Distributionally robust equilibrious hybrid vehicle routing problem under twofold uncertainty

Abstract

A novel nonlinear hybrid vehicle routing problem is examined, and its nonlinear component is linearised considering the transportation costs associated with electricity and traditional fuel-based driving. Due to the fact that the transportation cost and fuel consumption involve the twofold uncertainty of randomness and fuzziness, and only partial probability distribution information may be available. Therefore, these two parameters are considered as random fuzzy variables with ambiguous probability distributions. An ambiguous equilibrium risk value objective function and an ambiguous equilibrium chance constraint are formulated.

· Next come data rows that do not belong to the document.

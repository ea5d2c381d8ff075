-- ===== src/Linmot/Mci.antt =====
-- linmot/src/mci.rs and linmot/src/mci/commands.rs: the motion command interface of the drive.
pub mod Commands
pub mod Decode
pub mod Block
use Prim.Native.Nat.{bit_or}
use puddle.Base.{
  ℕ, ◌+◌, ◌-◌, ◌*◌, ◌/◌, ◌%◌, ◌<◌, ◌≡◌, Bool, true, false, List, [], ltb, ◌==◌, if◌then◌else◌,
  replicate,
}
use puddle.Base.Exec.{ok, err, pure, raise, ◌>>=◌, ◌>>◌}
use puddle.Linmot.Writer.{Write, too_many_parameters, write_bytes, write_u16_le}
use puddle.Linmot.Mci.Commands.{Command, id, write_parameters}

-- u8
pub record MotionCommand : Type 0 where
  pub count : ℕ
  pub command : Command

-- `(id << 4) | u16::from(count & 0xF)`
unfoldable pub header : MotionCommand → ℕ
header mc = bit_or (id mc.command * 16 % 65536) (mc.count % 16)

-- `let length = w.pos() - before` and what follows it.
unfoldable pub pad : ℕ → Write
pad length =
    if ltb 32 length
    then raise (too_many_parameters length)
    else let padding_length = 32 - length in
      if ltb 0 padding_length then write_bytes (replicate padding_length 0) else pure tt

unfoldable pub write_motion_command : MotionCommand → Write
write_motion_command mc w =
    ((write_u16_le (header mc) >> write_parameters mc.command) >> λ after.
    pad (after.idx - w.idx) after)
      w
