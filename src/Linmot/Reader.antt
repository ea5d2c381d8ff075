-- ===== src/Linmot/Reader.antt =====
-- linmot/src/udp/reader.rs: the cursor over a received datagram.
pub mod Reads
use puddle.Base.{ℕ, ◌+◌, ◌-◌, List, ltb, if◌then◌else◌, length, take, drop, get_or}
use puddle.Base.Exec.{Exec, Result, ok, err, pure, ◌>>=◌}
use puddle.Base.Int.{ℤ, signed}
use puddle.Base.Bytes.{from_le16, from_le32}

pub data ReadError : Type 0 where
  underflow : ℕ → ℕ → ReadError

pub record Reader : Type 0 where
  pub buf : List ℕ
  pub idx : ℕ

abbrev pub new : List ℕ → Reader
new buf = record { buf = buf; idx = 0 }

-- `&mut self` methods that return `Result<T>`.
abbrev pub Read : Type 0 → Type 0
Read A = Exec Reader ReadError A

unfoldable pub read_bytes : ℕ → Read (List ℕ)
read_bytes n r =
    if ltb (length r.buf) (r.idx + n)
    then (err (underflow n (length r.buf - r.idx)), r)
    else (ok (take n (drop r.idx r.buf)), record r { idx = r.idx + n })

unfoldable pub read_u8 : Read ℕ
read_u8 = do b ← read_bytes 1; pure (get_or b 0 0)

unfoldable pub read_u16_le : Read ℕ
read_u16_le = do b ← read_bytes 2; pure (from_le16 b)

unfoldable pub read_i16_le : Read ℤ
read_i16_le = do b ← read_bytes 2; pure (signed 16 (from_le16 b))

unfoldable pub read_u32_le : Read ℕ
read_u32_le = do b ← read_bytes 4; pure (from_le32 b)

unfoldable pub read_i32_le : Read ℤ
read_i32_le = do b ← read_bytes 4; pure (signed 32 (from_le32 b))

-- `WireRead` for a tuple of four: the fields in order.
unfoldable pub read_four : {A : Type 0} → Read A → Read (A × A × A × A)
read_four p = do a ← p; b ← p; c ← p; d ← p; pure (a, b, c, d)
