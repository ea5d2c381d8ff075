-- ===== src/Linmot/Udp.antt =====
-- linmot/src/udp.rs: the request that the controller sends and the response that it parses.
pub mod Sending
pub mod Receiving
use puddle.Base.{ℕ, ◌^◌, Option, none, some, List, Bool, is_some, not, if◌then◌else◌}
use mathlib.Core.Option
use puddle.Base.Exec.{Result, ok, err, Exec, pure, ◌>>=◌, ◌>>◌}
use puddle.Linmot.Units.{Position, Current}
use puddle.Linmot.Bitflags.{Bitflags}
use puddle.Linmot.Reader
use puddle.Linmot.Reader.{
  Read, ReadError, read_u16_le, read_i16_le, read_u32_le, read_i32_le, read_four,
}
use puddle.Linmot.Writer
use puddle.Linmot.Writer.{Write, WriteError, write_u16_le, write_u32_le}
use puddle.Linmot.Mci.{MotionCommand, write_motion_command}
use puddle.Linmot.Mci.Decode.{State, ErrorCode, state_from, error_code_from}

abbrev pub buffer_size : ℕ
buffer_size = 64

-- u16, [u16; 3]
pub record RealtimeConfiguration : Type 0 where
  pub command : ℕ
  pub params : ℕ × ℕ × ℕ

-- The flag fields hold the bits of their flag types.
pub record Request : Type 0 where
  pub control_flags : Option ℕ
  pub motion_command : Option MotionCommand
  pub realtime_configuration : Option RealtimeConfiguration
  pub response_flags : ℕ

pub record Response : Type 0 where
  pub status_flags : Option ℕ
  pub raw_state : Option ℕ
  pub actual_position : Option Position
  pub demand_position : Option Position
  pub current : Option Current
  pub warning_flags : Option ℕ
  pub raw_error_code : Option ℕ
  pub monitoring_channel : Option (ℕ × ℕ × ℕ × ℕ)
  pub realtime_configuration : Option RealtimeConfiguration

-- `Response::default()`
abbrev pub no_response : Response
no_response = record {
  status_flags = none;
  raw_state = none;
  actual_position = none;
  demand_position = none;
  current = none;
  warning_flags = none;
  raw_error_code = none;
  monitoring_channel = none;
  realtime_configuration = none;
}

-- `Response::state`
unfoldable pub response_state : Response → Option State
response_state r = elim r.raw_state [ none ↦ none | some s ↦ some (state_from s) ]

-- `Response::error_code`
unfoldable pub response_error_code : Response → Option ErrorCode
response_error_code r = elim r.raw_error_code [ none ↦ none | some e ↦ some (error_code_from e) ]

unfoldable pub write_realtime_configuration : RealtimeConfiguration → Write
write_realtime_configuration rtc = do
  write_u16_le rtc.command
  write_u16_le rtc.params.0
  write_u16_le rtc.params.1
  write_u16_le rtc.params.2
  pure tt

unfoldable pub read_realtime_configuration : Read RealtimeConfiguration
read_realtime_configuration = do
  command ← read_u16_le
  p0 ← read_u16_le
  p1 ← read_u16_le
  p2 ← read_u16_le
  pure (record { command = command; params = (p0, p1, p2) })

-- `if let Some(x) = o { … }`
abbrev pub write_opt : {A : Type 0} → (A → Write) → Option A → Write
write_opt f none = pure tt
write_opt f (some a) = f a

module _ (bitflags : Bitflags) where
  -- `Request::flags`: CONTROL_FLAGS, MOTION_COMMAND and REALTIME_CONFIGURATION.
  unfoldable pub request_flags : Request → ℕ
  request_flags req =
      let f0 : ℕ = 0 in
      let f1 = if is_some req.control_flags then bitflags.insert f0 (2 ^ 0) else f0 in
      let f2 = if is_some req.motion_command then bitflags.insert f1 (2 ^ 1) else f1 in
      if is_some req.realtime_configuration then bitflags.insert f2 (2 ^ 2) else f2

  unfoldable pub write_request : Request → Write
  write_request req = do
    write_u32_le (request_flags req)
    write_u32_le req.response_flags
    write_opt write_u16_le req.control_flags
    write_opt write_motion_command req.motion_command
    write_opt write_realtime_configuration req.realtime_configuration

  -- The `&mut [u8]` that the caller passes comes back beside the result.
  unfoldable pub to_wire : Request → List ℕ → Result WriteError ℕ × List ℕ
  to_wire req out =
      let (r, w) = (write_request req >>= λ _ w. (ok w.idx, w)) (Writer.new out) in (r, w.buf)

  unfoldable pub read_opt : {A : Type 0} → Read A → ℕ → ℕ → Read (Option A)
  read_opt p flags flag =
      if bitflags.contains flags flag then (do a ← p; pure (some a)) else pure none

  -- What `from_wire` reads once it knows the flags.
  unfoldable pub read_fields : ℕ → Read Response
  read_fields flags = do
    status_flags ← read_opt read_u16_le flags (2 ^ 0)
    raw_state ← read_opt read_u16_le flags (2 ^ 1)
    actual_position ← read_opt read_i32_le flags (2 ^ 2)
    demand_position ← read_opt read_i32_le flags (2 ^ 3)
    current ← read_opt read_i16_le flags (2 ^ 4)
    warning_flags ← read_opt read_u16_le flags (2 ^ 5)
    raw_error_code ← read_opt read_u16_le flags (2 ^ 6)
    monitoring_channel ← read_opt (read_four read_u32_le) flags (2 ^ 7)
    realtime_configuration ← read_opt read_realtime_configuration flags (2 ^ 8)
    pure (record {
      status_flags = Option.map (bitflags.from_bits_truncate 16) status_flags;
      raw_state = raw_state;
      actual_position = actual_position;
      demand_position = demand_position;
      current = current;
      warning_flags = Option.map (bitflags.from_bits_truncate 16) warning_flags;
      raw_error_code = raw_error_code;
      monitoring_channel = monitoring_channel;
      realtime_configuration = realtime_configuration;
    })

  -- A realtime configuration is there only if the request that is echoed had one.
  unfoldable pub fields_present : ℕ → ℕ → ℕ
  fields_present request response =
      let request_flags = bitflags.from_bits_truncate 3 request in
      let response_flags = bitflags.from_bits_truncate 9 response in
      if not (bitflags.contains request_flags (2 ^ 2))
      then bitflags.remove response_flags (2 ^ 8)
      else response_flags

  unfoldable pub read_response : Read Response
  read_response = do
    request ← read_u32_le
    response ← read_u32_le
    read_fields (fields_present request response)

  unfoldable pub from_wire : List ℕ → Result ReadError Response
  from_wire buf = (read_response (Reader.new buf)).0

Accordingly, a distributionally robust equilibrium approach is proposed, in which the ambiguity sets are used to characterize the ambiguous probability distributions of the random fuzzy variables. Specifically, this paper first applies the central limit theorem to construct the ambiguity sets. Subsequently, the inner ambiguous probability constraint and the outer credibility constraint are derived into their equivalent counterparts, respectively. In this manner, the proposed model is successfully converted into a mixed integer second-order cone programming model, where the conventional branch-and-cut algorithm is adopted to obtain the optimal routing. Finally, the performance of the proposed model and its price of distributional robustness are verified in the numerical experiments. Overall, the main achievements of this paper are summarized as (1) the proposal of a distributionally robust equilibrium optimization model for a nonlinear hybrid vehicle routing problem, (2) the definitions of an ambiguous equilibrium risk value objective function and an ambiguous equilibrium chance constraint under twofold uncertainty, and (3) the derivation of an equivalent second-order cone programming model for computationally solvable.